Stored items from a collection

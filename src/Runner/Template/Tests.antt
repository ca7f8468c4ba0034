-- ===== src/Runner/Template/Tests.antt =====
-- One request of one byte, from the lock to the unlock.
use kudos_judge.Base.{◌≡◌, refl, some, [], ◌∷◌, pos}
use kudos_judge.Runner.Template.{
  start, ok, request, reply, Shared, idle, awaits_start, sleeping, awaits_ok, lock, see_start,
  signal, see_ready, write, send, see_reply, take_pid, confirm, unlock, announce, interrupt_sleep,
  enter, see_request, read_request, clone_watcher, write_pid, answer, booted, Reach, boot, asked,
  served,
}
use kudos_judge.Runner.Template.Handshake.{answers-clones}
use kudos_judge.Runner.Template.Progress.{Leads, Reach-Leads}

abbrev announced : Shared
announced = record booted { flag = start }

abbrev answered : Shared
answered = record booted {
  flag = ok;
  payload = reply (pos 7);
  clones = (request (1 ∷ []), reply (pos 7)) ∷ [];
  answers = (request (1 ∷ []), reply (pos 7)) ∷ [];
}

asks_for : Reach announced (awaits_start (1 ∷ [])) sleeping
asks_for = asked (served boot announce) (lock _)

exchange : Reach answered idle awaits_ok
exchange =
    let e1 = asked (asked asks_for (see_start refl)) signal in
    let e2 = asked (served (served e1 (interrupt_sleep refl)) enter) (see_ready refl) in
    let e3 = served (asked (asked e2 write) send) (see_request refl) in
    let e4 = served (served (served e3 read_request) (clone_watcher (pos 7))) write_pid in
    let e5 = asked (asked (served e4 answer) (see_reply refl)) take_pid in
    asked (asked e5 confirm) unlock

answers-clones_example : answered.answers ≡ answered.clones
answers-clones_example = answers-clones exchange

Reach-Leads_example : Leads (some (1 ∷ [])) announced (awaits_start (1 ∷ [])) sleeping
Reach-Leads_example = Reach-Leads asks_for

ABOUT THIS TASK
A complete, exact transcription of the data above is the required answer.

RESPONSE TO THIS TASK
filename src/Runner/Template/Tests.antt
repository ca7f8468c4ba0034
-- ===== src/Runner/Template/Tests.antt =====
-- One request of one byte, from the lock to the unlock.
use kudos_judge.Base.{◌≡◌, refl, some, [], ◌∷◌, pos}
use kudos_judge.Runner.Template.{
  start, ok, request, reply, Shared, idle, awaits_start, sleeping, awaits_ok, lock, see_start,
  signal, see_ready, write, send, see_reply, take_pid, confirm, unlock, announce, interrupt_sleep,
  enter, see_request, read_request, clone_watcher, write_pid, answer, booted, Reach, boot, asked,
  served,
}
use kudos_judge.Runner.Template.Handshake.{answers-clones}
use kudos_judge.Runner.Template.Progress.{Leads, Reach-Leads}

abbrev announced : Shared
announced = record booted { flag = start }

abbrev answered : Shared
answered = record booted {
  flag = ok;
  payload = reply (pos 7);
  clones = (request (1 ∷ []), reply (pos 7)) ∷ [];
  answers = (request (1 ∷ []), reply (pos 7)) ∷ [];
}

asks_for : Reach announced (awaits_start (1 ∷ [])) sleeping
asks_for = asked (served boot announce) (lock _)

exchange : Reach answered idle awaits_ok
exchange =
    let e1 = asked (asked asks_for (see_start refl)) signal in
    let e2 = asked (served (served e1 (interrupt_sleep refl)) enter) (see_ready refl) in
    let e3 = served (asked (asked e2 write) send) (see_request refl) in
    let e4 = served (served (served e3 read_request) (clone_watcher (pos 7))) write_pid in
    let e5 = asked (asked (served e4 answer) (see_reply refl)) take_pid in
    asked (asked e5 confirm) unlock

answers-clones_example : answered.answers ≡ answered.clones
answers-clones_example = answers-clones exchange

Reach-Leads_example : Leads (some (1 ∷ [])) announced (awaits_start (1 ∷ [])) sleeping
Reach-Leads_example = Reach-Leads asks_for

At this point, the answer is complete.